Issues in basic systems advancement frequently emerge when the theoretical freedom of software
from the hidden physical layer ends up being an unfaithful deliberation, for instance in settings, for
example, real-time or all the more by and large security basic systems19. Since UML enables the
modeler to depict distinctive perspectives on a system, including the physical layer, it appears to be
encouraging to endeavor to utilize UML to address these issues by displaying the interdependencies
between the system and its physical condition20. While there has been a lot of work tending to real-
time systems with UML and expanding thoughtfulness regarding utilizing UML for security in the
present work it is considered that safety and adaptation to non-critical failure prerequisites. In order
to support safe systems improvement, security agendas have been proposed in [HJL96, Lut96,
Hel98]21. Here, UML to this application area by correctly characterizing some such checks with
17Braude, E.J. and Bernstein, M.E., 2016. Software engineering: modern approaches. Waveland Press.

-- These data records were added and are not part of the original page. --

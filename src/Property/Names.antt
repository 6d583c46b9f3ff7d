-- ===== src/Property/Names.antt =====
-- The names of the properties: `dimq_property_identifier_to_string` and `dimq_string_to_property_info`,
-- with `enum mqtt5_property_type` of include/mqtt_protocol.h. Texts are lists of bytes, NULL is `none`.
use dimq.Property.Ids.{
  assigned_client_identifier, authentication_data, authentication_method, content_type,
  correlation_data, maximum_packet_size, maximum_qos, message_expiry_interval,
  payload_format_indicator, reason_string, receive_maximum, request_problem_information,
  request_response_information, response_information, response_topic, retain_available,
  server_keep_alive, server_reference, session_expiry_interval, shared_sub_available,
  subscription_id_available, subscription_identifier, topic_alias, topic_alias_maximum,
  user_property, wildcard_sub_available, will_delay_interval,
}
use dimq.Prelude.{
  ℕ, ◌+◌, ◌==◌, Bool, true, false, ◌&&◌, leb, List, [], ◌∷◌, Option, none, some, if◌then◌else◌,
}
use dimq.Result.{Result, ok, err, inval}
use Prim.Native.String.{String}
use Prim.Native.Char.{code}

-- The bytes of a text in ASCII.
abbrev pub codes : String → List ℕ
codes String.[] = []
codes (String.◌∷◌ c s) = code c ∷ codes s

-- `tolower` in the C locale
abbrev pub lower : ℕ → ℕ
lower c = if leb 65 c && leb c 90 then c + 32 else c

-- `!strcasecmp(s, t)`
unfoldable pub same_name : List ℕ → List ℕ → Bool
same_name [] [] = true
same_name [] (d ∷ t) = false
same_name (c ∷ s) [] = false
same_name (c ∷ s) (d ∷ t) = lower c == lower d && same_name s t

abbrev pub type_byte : ℕ
type_byte = 1

abbrev pub type_int16 : ℕ
type_int16 = 2

abbrev pub type_int32 : ℕ
type_int32 = 3

abbrev pub type_varint : ℕ
type_varint = 4

abbrev pub type_binary : ℕ
type_binary = 5

abbrev pub type_string : ℕ
type_string = 6

abbrev pub type_string_pair : ℕ
type_string_pair = 7

unfoldable pub identifier_to_string : ℕ → Option (List ℕ)
identifier_to_string n =
    if n == payload_format_indicator
    then some (codes "payload-format-indicator")
    else if n == message_expiry_interval
    then some (codes "message-expiry-interval")
    else if n == content_type
    then some (codes "content-type")
    else if n == response_topic
    then some (codes "response-topic")
    else if n == correlation_data
    then some (codes "correlation-data")
    else if n == subscription_identifier
    then some (codes "subscription-identifier")
    else if n == session_expiry_interval
    then some (codes "session-expiry-interval")
    else if n == assigned_client_identifier
    then some (codes "assigned-client-identifier")
    else if n == server_keep_alive
    then some (codes "server-keep-alive")
    else if n == authentication_method
    then some (codes "authentication-method")
    else if n == authentication_data
    then some (codes "authentication-data")
    else if n == request_problem_information
    then some (codes "request-problem-information")
    else if n == will_delay_interval
    then some (codes "will-delay-interval")
    else if n == request_response_information
    then some (codes "request-response-information")
    else if n == response_information
    then some (codes "response-information")
    else if n == server_reference
    then some (codes "server-reference")
    else if n == reason_string
    then some (codes "reason-string")
    else if n == receive_maximum
    then some (codes "receive-maximum")
    else if n == topic_alias_maximum
    then some (codes "topic-alias-maximum")
    else if n == topic_alias
    then some (codes "topic-alias")
    else if n == maximum_qos
    then some (codes "maximum-qos")
    else if n == retain_available
    then some (codes "retain-available")
    else if n == user_property
    then some (codes "user-property")
    else if n == maximum_packet_size
    then some (codes "maximum-packet-size")
    else if n == wildcard_sub_available
    then some (codes "wildcard-subscription-available")
    else if n == subscription_id_available
    then some (codes "subscription-identifier-available")
    else if n == shared_sub_available
    then some (codes "shared-subscription-available")
    else none

unfoldable pub string_to_property_info : Option (List ℕ) → Result (ℕ × ℕ)
string_to_property_info none = err inval
string_to_property_info (some propname) =
    if same_name propname (codes "payload-format-indicator")
    then ok (payload_format_indicator, type_byte)
    else if same_name propname (codes "message-expiry-interval")
    then ok (message_expiry_interval, type_int32)
    else if same_name propname (codes "content-type")
    then ok (content_type, type_string)
    else if same_name propname (codes "response-topic")
    then ok (response_topic, type_string)
    else if same_name propname (codes "correlation-data")
    then ok (correlation_data, type_binary)
    else if same_name propname (codes "subscription-identifier")
    then ok (subscription_identifier, type_varint)
    else if same_name propname (codes "session-expiry-interval")
    then ok (session_expiry_interval, type_int32)
    else if same_name propname (codes "assigned-client-identifier")
    then ok (assigned_client_identifier, type_string)
    else if same_name propname (codes "server-keep-alive")
    then ok (server_keep_alive, type_int16)
    else if same_name propname (codes "authentication-method")
    then ok (authentication_method, type_string)
    else if same_name propname (codes "authentication-data")
    then ok (authentication_data, type_binary)
    else if same_name propname (codes "request-problem-information")
    then ok (request_problem_information, type_byte)
    else if same_name propname (codes "will-delay-interval")
    then ok (will_delay_interval, type_int32)
    else if same_name propname (codes "request-response-information")
    then ok (request_response_information, type_byte)
    else if same_name propname (codes "response-information")
    then ok (response_information, type_string)
    else if same_name propname (codes "server-reference")
    then ok (server_reference, type_string)
    else if same_name propname (codes "reason-string")
    then ok (reason_string, type_string)
    else if same_name propname (codes "receive-maximum")
    then ok (receive_maximum, type_int16)
    else if same_name propname (codes "topic-alias-maximum")
    then ok (topic_alias_maximum, type_int16)
    else if same_name propname (codes "topic-alias")
    then ok (topic_alias, type_int16)
    else if same_name propname (codes "maximum-qos")
    then ok (maximum_qos, type_byte)
    else if same_name propname (codes "retain-available")
    then ok (retain_available, type_byte)
    else if same_name propname (codes "user-property")
    then ok (user_property, type_string_pair)
    else if same_name propname (codes "maximum-packet-size")
    then ok (maximum_packet_size, type_int32)
    else if same_name propname (codes "wildcard-subscription-available")
    then ok (wildcard_sub_available, type_byte)
    else if same_name propname (codes "subscription-identifier-available")
    then ok (subscription_id_available, type_byte)
    else if same_name propname (codes "shared-subscription-available")
    then ok (shared_sub_available, type_byte)
    else err inval
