-- ===== src/Property/Named.antt =====
-- Names and numbers of properties are inverse, and the types agree with what is read.
use dimq.Property.Ids.{
  payload_format_indicator, message_expiry_interval, content_type, response_topic, correlation_data,
  subscription_identifier, session_expiry_interval, assigned_client_identifier, server_keep_alive,
  authentication_method, authentication_data, request_problem_information, will_delay_interval,
  request_response_information, response_information, server_reference, reason_string,
  receive_maximum, topic_alias_maximum, topic_alias, maximum_qos, retain_available, user_property,
  maximum_packet_size, wildcard_sub_available, subscription_id_available, shared_sub_available,
  one_of,
}
use dimq.Property.Names.{
  lower, same_name, identifier_to_string, string_to_property_info, type_byte, type_int16,
  type_int32, type_varint, type_binary, type_string, type_string_pair,
}
use dimq.Property.Kinds.{
  Kind, read_kind, byte, two_bytes, four_bytes, variable, binary, text, text_pair, unsupported,
}
use dimq.Property.Commands.{AllOf, member-AllOf}
use dimq.Prelude.{ℕ, ◌≡◌, true, List, [], ◌∷◌, map, some, arith, refl}
use dimq.Result.{ok}

abbrev pub known : List ℕ
known =
    payload_format_indicator ∷ message_expiry_interval ∷ content_type ∷ response_topic
    ∷ correlation_data ∷ subscription_identifier ∷ session_expiry_interval
    ∷ assigned_client_identifier ∷ server_keep_alive ∷ authentication_method ∷ authentication_data
    ∷ request_problem_information ∷ will_delay_interval ∷ request_response_information
    ∷ response_information ∷ server_reference ∷ reason_string ∷ receive_maximum
    ∷ topic_alias_maximum ∷ topic_alias ∷ maximum_qos ∷ retain_available ∷ user_property
    ∷ maximum_packet_size ∷ wildcard_sub_available ∷ subscription_id_available
    ∷ shared_sub_available ∷ []

-- The type that the reader of properties gives to a value.
abbrev pub type_of : Kind → ℕ
type_of byte = type_byte
type_of two_bytes = type_int16
type_of four_bytes = type_int32
type_of variable = type_varint
type_of text = type_string
type_of binary = type_binary
type_of text_pair = type_string_pair
type_of unsupported = 0

-- The name of a property stands for it, with the type that it is read as.
abbrev pub Named : ℕ → Type 0
Named n =
    (s : List ℕ) × (identifier_to_string n ≡ some s)
    × (string_to_property_info (some s) ≡ ok (n, type_of (read_kind n)))

every-Named : AllOf Named known
unfolding identifier_to_string string_to_property_info same_name read_kind
every-Named = (
  (_, refl, refl),
  (
    (_, refl, refl),
    (
      (_, refl, refl),
      (
        (_, refl, refl),
        (
          (_, refl, refl),
          (
            (_, refl, refl),
            (
              (_, refl, refl),
              (
                (_, refl, refl),
                (
                  (_, refl, refl),
                  (
                    (_, refl, refl),
                    (
                      (_, refl, refl),
                      (
                        (_, refl, refl),
                        (
                          (_, refl, refl),
                          (
                            (_, refl, refl),
                            (
                              (_, refl, refl),
                              (
                                (_, refl, refl),
                                (
                                  (_, refl, refl),
                                  (
                                    (_, refl, refl),
                                    (
                                      (_, refl, refl),
                                      (
                                        (_, refl, refl),
                                        (
                                          (_, refl, refl),
                                          (
                                            (_, refl, refl),
                                            (
                                              (_, refl, refl),
                                              (
                                                (_, refl, refl),
                                                (
                                                  (_, refl, refl),
                                                  ((_, refl, refl), ((_, refl, refl), tt)),
                                                ),
                                              ),
                                            ),
                                          ),
                                        ),
                                      ),
                                    ),
                                  ),
                                ),
                              ),
                            ),
                          ),
                        ),
                      ),
                    ),
                  ),
                ),
              ),
            ),
          ),
        ),
      ),
    ),
  ),
)

-- Every identifier of `enum mqtt5_property` has a name; `dimq_string_to_property_info` maps the name
-- back to the identifier, and gives the type with which `property__read` reads the property.
pub string_to_property_info-identifier_to_string :
    (n : ℕ)
    → one_of n known ≡ true
    → (s : List ℕ) × (identifier_to_string n ≡ some s)
      × (string_to_property_info (some s) ≡ ok (n, type_of (read_kind n)))
string_to_property_info-identifier_to_string n h = member-AllOf Named known every-Named n h

same_name-lower : (s t : List ℕ) → same_name (map lower s) t ≡ same_name s t
unfolding same_name
same_name-lower [] t = refl
same_name-lower (c ∷ s) [] = refl
same_name-lower (c ∷ s) (d ∷ t) =
    let twice : lower (lower c) ≡ lower c = ground arith in rw (twice, same_name-lower s t) refl

-- `dimq_string_to_property_info` does not tell capital letters from small ones.
pub string_to_property_info-lower :
    (s : List ℕ) → string_to_property_info (some (map lower s)) ≡ string_to_property_info (some s)
unfolding string_to_property_info
string_to_property_info-lower s = simp (same_name-lower s)
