-- ===== src/Smp.antt =====
-- src/arch/smp.rs, src/arch/gdt.rs and src/arch/tss.rs: what each core has of its own, and the start
-- of the cores.
pub mod Local
pub mod System
pub mod Totals
pub mod Counted
pub mod Progress
pub mod Start
pub mod Ends
pub mod Storage
pub mod Apart
pub mod Segments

18Rostami, M., Koushanfar, F. and Karri, R., 2014. A primer on hardware security: Models, methods, and
metrics. Proceedings of the IEEE, 102(8), pp.1283-1295.
19Riel, A., Kreiner, C., Macher, G. and Messnarz, R., 2017. Integrated design for tackling safety and security challenges
of smart products and digital manufacturing. CIRP Annals-Manufacturing Technology.
20Sadeghi, A.R., Wachsmann, C. and Waidner, M., 2015, June. Security and privacy challenges in industrial internet of
things. In Design Automation Conference (DAC), 2015 52nd ACM/EDAC/IEEE (pp. 1-6). IEEE.
21Demirkan, H. and Delen, D., 2013. Leveraging the capabilities of service-oriented decision support systems: Putting
analytics and big data in cloud. Decision Support Systems, 55(1), pp.412-421.

11SECURE SOFTWARE PROCESS MODELS AND METRICS
generalizations catching security prerequisites and related physical properties can be tailored. One
can likewise check whether the limitations related with the generalizations are satisfied in a given
particular.
4. Threat assessment of any particular attack
In safety basic systems, an imperative idea likewise utilized here is that of a security level.
Safety objectives for security basic systems are regularly communicated quantitatively by means of
the most extreme permitted disappointment rate22. Conceivable failures include: message
misfortune which might be because of equipment disappointments or software failuresfor instance,
cradle floods message defer which may thusly come about into the reordering of messages if the
deferral is variable message defilement when a message is altered in travel. Types of repetition
normally utilized incorporate space excess physical duplicates of an asset, time excess rerunning
capacities and data excess (mistake recognizing codes)23. Three principles "lightweight" expansion
systems like generalizations, labeled esteems and imperatives to incorporate security prerequisites
in an UML detail, together with the limitations formalizing the necessities can be used. In order to
assess a model against the necessities, it can be eluded that to an exact semantics for the utilized
piece of UML reached out with a thought of disappointments.
5. Identification of attack type within a taxonomy of attack types
Distributed denial-of-service (DDoS) becomes arapidly developing issue. The large number
of attacks as well as defense approaches is overpowering. There are a few sorts of taxonomies
classifications for characterizing attacks and defenses, and in this manner furnishes specialists with
a superior comprehension of the issue and the present arrangement space24. The threat management
criteria were chosen to feature shared traits and imperative highlights of attack methodologies,
22Wallace, L.G. and Sheetz, S.D., 2014. The adoption of software measures: A technology acceptance model (TAM)
perspective. Information & Management, 51(2), pp.249-259
23Fenton, N. and Bieman, J., 2014. Software metrics: a rigorous and practical approach. CRC Press.